Затишье после «бури»
Призовая стрельба членов местного общества охотников, последняя в этом сезоне, была назначена на ближайшее воскресенье. К ней приурочили и открытие дачи Каштак, недавно приобретённой правлением. Предполагалось, естественно, и застолье в узком кругу известных персон, и владельцу парохода «Кучум» страсть как хотелось приобщиться к элите. Но воскресенье для пароходчика было самым доходным днём, и надо было оставаться смотреть за посадкой и за кассирами.
Дело о простреленной сорочке
На дачу Каштак собирался и городской голова Исцеленов, но с утра он вместе с гласным Жарниковым застрял над текстом опровержения публикации в «Восточной заре». Собрать мысли в кулак мешало переполнявшее их обоих раздражение.
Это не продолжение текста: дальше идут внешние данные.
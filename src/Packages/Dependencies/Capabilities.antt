-- ===== src/Packages/Dependencies/Capabilities.antt =====
-- src/plaik_core/dependencies.py, `resolve_capabilities`: what the table of providers decides.
use plaik.Prelude.{
  ◌≡◌, refl, ◌↔◌, String, Bool, true, false, ◌||◌, ◌&&◌, List, [], ◌∷◌, ◌++◌, arith, ◌==◌,
  string_eq, eq_iff, All, All-weaken,
}
use plaik.Prelude.Dict.{Dict, lookup, insert, lookup-insert}
use plaik.Prelude.Results.{ok}
use plaik.Prelude.Sets.{each, All-each, each-ok}
use plaik.Packages.Manifest.{
  ProvidedCapability, RequiredCapability, PackageManifest, version_matches,
}
use plaik.Packages.Dependencies.{
  or_empty, provide, provided, any_matches, check_requirement, resolve_capabilities,
}

module _ (satisfies : String → String → Bool) where
  -- A capability of the list has the id and a version that matches.
  abbrev pub offers : String → String → List ProvidedCapability → Bool
  offers id specifier [] = false
  offers id specifier (c ∷ cs) =
      (c.id == id && version_matches satisfies c.version specifier) || offers id specifier cs

  -- A package of the list offers it.
  abbrev pub any_offers : String → String → List PackageManifest → Bool
  any_offers id specifier [] = false
  any_offers id specifier (m ∷ ms) = offers id specifier m.provides || any_offers id specifier ms

  -- Every capability that a package needs is offered by some package.
  abbrev pub IsCapable : List PackageManifest → Type 0
  IsCapable ms =
      All (λ m. All (λ r. (any_offers r.id r.version ms || r.optional) ≡ true) m.requires) ms

  any_matches-append :
      (specifier : String) (ps qs : List (String × String))
      → any_matches satisfies specifier (ps ++ qs)
        ≡ (any_matches satisfies specifier ps || any_matches satisfies specifier qs)
  unfolding any_matches
  any_matches-append specifier [] qs = refl
  any_matches-append specifier ((o, v) ∷ ps) qs = ground (arith, any_matches-append specifier ps qs)

  abbrev matches_in : String → String → Dict String (List (String × String)) → Bool
  matches_in id specifier d = any_matches satisfies specifier (or_empty (lookup id d))

  add-matches :
      (id specifier owner : String) (c : ProvidedCapability)
      (d : Dict String (List (String × String)))
      → matches_in id specifier
          (insert c.id (or_empty (lookup c.id d) ++ ((owner, c.version) ∷ [])) d)
        ≡ (matches_in id specifier d
            || (c.id == id && version_matches satisfies c.version specifier))
  unfolding any_matches
  add-matches id specifier owner c d = ground (
    arith,
    lookup-insert c.id id (or_empty (lookup c.id d) ++ ((owner, c.version) ∷ [])) d,
    any_matches-append specifier (or_empty (lookup c.id d)) ((owner, c.version) ∷ []),
    eq_iff c.id id,
  )

  provide-matches :
      (id specifier owner : String) (cs : List ProvidedCapability)
      (d : Dict String (List (String × String)))
      → matches_in id specifier (provide owner cs d)
        ≡ (matches_in id specifier d || offers id specifier cs)
  unfolding provide
  provide-matches id specifier owner [] d = ground arith
  provide-matches id specifier owner (c ∷ cs) d = ground (
    arith,
    provide-matches id specifier owner cs
        (insert c.id (or_empty (lookup c.id d) ++ ((owner, c.version) ∷ [])) d),
    add-matches id specifier owner c d,
  )

  provided-matches :
      (id specifier : String) (ms : List PackageManifest) (d : Dict String (List (String × String)))
      → matches_in id specifier (provided ms d)
        ≡ (matches_in id specifier d || any_offers id specifier ms)
  unfolding provided
  provided-matches id specifier [] d = ground arith
  provided-matches id specifier (m ∷ ms) d = ground (
    arith,
    provided-matches id specifier ms (provide m.id m.provides d),
    provide-matches id specifier m.id m.provides d,
  )

  check_requirement_iff :
      (ms : List PackageManifest) (r : RequiredCapability)
      → (check_requirement satisfies (provided ms []) r ≡ ok tt)
        ↔ ((any_offers r.id r.version ms || r.optional) ≡ true)
  unfolding check_requirement lookup any_matches
  check_requirement_iff ms r = ground (arith, provided-matches r.id r.version ms [])

  -- The capabilities resolve exactly when each one that a package requires, unless it is optional,
  -- is provided by some package in a version that matches.
  pub resolve_capabilities_iff :
      (ms : List PackageManifest) → (resolve_capabilities satisfies ms ≡ ok tt) ↔ IsCapable ms
  unfolding resolve_capabilities
  resolve_capabilities_iff ms =
      let check = check_requirement satisfies (provided ms []) in
      (
        λ h.
            All-weaken (λ m. each check m.requires ≡ ok tt)
              (λ m. All (λ r. (any_offers r.id r.version ms || r.optional) ≡ true) m.requires)
              (λ m e.
                All-weaken (λ r. check r ≡ ok tt)
                  (λ r. (any_offers r.id r.version ms || r.optional) ≡ true)
                  (λ r f. (check_requirement_iff ms r).0 f) m.requires
                  (All-each check m.requires e))
              ms (All-each (λ m. each check m.requires) ms h),
        λ h.
            each-ok (λ m. each check m.requires) ms
              (All-weaken
                (λ m. All (λ r. (any_offers r.id r.version ms || r.optional) ≡ true) m.requires)
                (λ m. each check m.requires ≡ ok tt)
                (λ m a. each-ok check m.requires (
                  All-weaken (λ r. (any_offers r.id r.version ms || r.optional) ≡ true)
                    (λ r. check r ≡ ok tt) (λ r f. (check_requirement_iff ms r).1 f) m.requires a))
                ms h),
      )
Над письмом в газету мучился и поручик Иванов, впрочем, очень недолго. Он решил дело просто, по-военному: заехал к частному поверенному и поручил ему эту муторную работу. И получаса ещё не прошло, как появился готовый текст: «На основании 139 статьи «Устава о цензуре и печати» прошу поместить в ближайшем номере опровержение заметки «Дуэль», в которой сказано, что «у Иванова оказалась простреленной сорочка». Сорочка прострелена не у Иванова, а у Зуева, и никакого судебного следствия не начато».
В редакции Иванов застал лишь дежурного-фельетониста, скучавшего над ворохом газет. На второй полосе зияла внушительная дыра, но идей не было решительно никаких. «Не описывать же, в самом деле, стрельбу по тарелочкам на даче Каштак!» – раздражённо думал корреспондент.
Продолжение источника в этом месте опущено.